Please or to access all these features

Mental health

Mumsnet hasn't checked the qualifications of anyone posting here. If you have medical concerns, please seek medical attention.

See all MNHQ comments on this thread

Anyone with health anxiety!!?

16 replies

Kate8989 · 20/04/2018 20:54

Always assume I have the worst form of things. I think I do it as a form of “preparation” incase bad things happen but it’s not helpful...
Anyone else the same!? I’m having a lap on Thursday and expecting the worse (thanks to Dr Google!) x

OP posts:
Bubblegum89 · 20/04/2018 21:26

I have health anxiety. It’s horrible. Although a lap is perfectly safe so you’ll be fine

Kate8989 · 20/04/2018 21:29

Thank you... im sat here thinking of the procedure and what they’ll do to me whilst I’m asleep. I’m really freaking out... but I also really want it done as I’m in pain everyday x

OP posts:
Bubblegum89 · 20/04/2018 21:31

I’ve been put to sleep before, it wasn’t bad at all. It will be worse in the long run to have the pain and worrying it’s something awful!

Kate8989 · 20/04/2018 21:42

May I ask what you were put to sleep for?! That’s what I’m most scared about... never had a general before. I’m proud for making the decision to have the lap as I know a lot of people wouldn’t but I can’t live with this pain anymore x

OP posts:
physicskate · 21/04/2018 09:10

I've had general twice. I was probably anxious about the anaesthesia for the first, fat more anxious about them fixing the problem for the second.

The first was for getting all four wisdom teeth removed and the second I had to wait six months to get a bone tumour in my hand removed. I was worried it was cancerous (because of googling my symptoms and preliminary diagnosis).

Turns out it was a different type of tumour (super rare) but was benign! So I had six months of agony and worry and it did take about 18 months after the surgery for me to be in no pain (probably because of how big the bone tumour was by then). Oh and it was in my right hand and I couldn't even hold a pen because of the pain.

The surgeries themselves felt like they lasted five minutes. My biggest piece of advice is when the surgery is over and you wake up, it's ok to fall back asleep. Don't feel like you have to be full of energy at that point.

A lap is very routine. You're anxious about the unknown, which means s quite understandable. Just trust in your healthcare providers.
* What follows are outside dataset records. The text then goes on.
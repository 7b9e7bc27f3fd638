-- ===== src/Agent/Ids/Order.antt =====
-- The IDs of `newID` of internal/agent/agent.go sort by the millisecond of their making.
use aegis_ebpf.Base.{ℕ, ◌/◌, ◌%◌, ◌^◌, ◌≤◌, ◌<◌, ◌≡◌, true, ◌∷◌, Bytes, arith}
use aegis_ebpf.Agent.Ids.{stamp, lower_digit, hex, id_text, id_at}
use aegis_ebpf.Agent.Listing.{bytes_before}

before_same : (c : ℕ) (s t : Bytes) → bytes_before s t ≡ true → bytes_before (c ∷ s) (c ∷ t) ≡ true
unfolding bytes_before
before_same c s t h = ground (arith, h)

digit_before :
    (a b : ℕ) (s t : Bytes)
    → a ≤ b
    → b < 16
    → (a ≡ b → bytes_before s t ≡ true)
    → bytes_before (lower_digit a ∷ s) (lower_digit b ∷ t) ≡ true
unfolding bytes_before
digit_before a b s t le lt h = ground (arith, le, lt, h)

-- Two bytes in hexadecimal compare as the bytes do.
byte_before :
    (a b : ℕ) (s t : Bytes)
    → a ≤ b
    → b < 256
    → (a ≡ b → bytes_before s t ≡ true)
    → bytes_before
        (lower_digit (a / 16) ∷ lower_digit (a % 16) ∷ s)
        (lower_digit (b / 16) ∷ lower_digit (b % 16) ∷ t)
      ≡ true
byte_before a b s t le lt h =
    digit_before (a / 16) (b / 16) _ _ (omega (arith, le)) (omega (arith, lt)) (λ e.
      digit_before (a % 16) (b % 16) _ _ (omega (arith, le, e)) (omega arith)
        (λ f. h (omega (arith, e, f))))

pub id_at-before :
    (m n : ℕ) (r s : Bytes) → m < n → n < 2 ^ 48 → bytes_before (id_at m r) (id_at n s) ≡ true
unfolding id_at id_text stamp hex
id_at-before m n r s lt le = byte_before _ _ _ _ (omega (arith, lt, le)) (omega arith) (λ e0.
    byte_before _ _ _ _ (omega (arith, lt, le, e0)) (omega arith) (λ e1.
      byte_before _ _ _ _ (omega (arith, lt, le, e0, e1)) (omega arith) (λ e2.
        byte_before _ _ _ _ (omega (arith, lt, le, e0, e1, e2)) (omega arith) (λ e3.
          before_same b'-' _ _ (
            byte_before _ _ _ _ (omega (arith, lt, le, e0, e1, e2, e3)) (omega arith) (λ e4.
              byte_before _ _ _ _ (omega (arith, lt, le, e0, e1, e2, e3, e4)) (omega arith)
                (λ e5. absurd (omega (arith, lt, le, e0, e1, e2, e3, e4, e5)))))))))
Kate8989 · 21/04/2018 10:22

@physicskate thank you! It’s helpful talking to others as it makes me realise there is a big wide world out there with lots of people who have operations.....
I know mine is straightforward and routine, i just want it done and dusted so I can move on with my life and not be in fricking pain anymore!!!
I mean it’s a beautiful day and I’m sat in bed with a hot water bottle and TOWIE... I’m taking co-dyramol and ibruprofen and it’s making me constipated so I feel even more uncomfortable. I just think how will i be a week today? Happy and pain free or distraught at what they’ve found and my future x

OP posts:
Kate8989 · 21/04/2018 11:21

I’m feeling suicidal again today

OP posts:
Bubblegum89 · 21/04/2018 11:59

I don’t know your story kate and you can tell me to do one lol but maybe instead of focusing on ttc, you could spend a little time away from it to work on your mental health? I realise that sounds really patronising but it seems that the whole process is making your anxiety much worse and if ttc does that then pregnancy does it tenfold. Are you having any kind of therapy/counselling at the moment? I’m sorry you’re feeling like this, you really need to speak to someone if you’re feeling suicidal. I do suffer with anxiety myself, specifically health anxiety but it’s been a very very long time since I got to the point of feeling suicidal even with all the things I’ve been through including doctors appointments, procedures etc. I wouldn’t be putting myself through this hell if I thought I wasn’t mentally in a place where I could overthrow those kinds of feelings. It’s hard, I understand.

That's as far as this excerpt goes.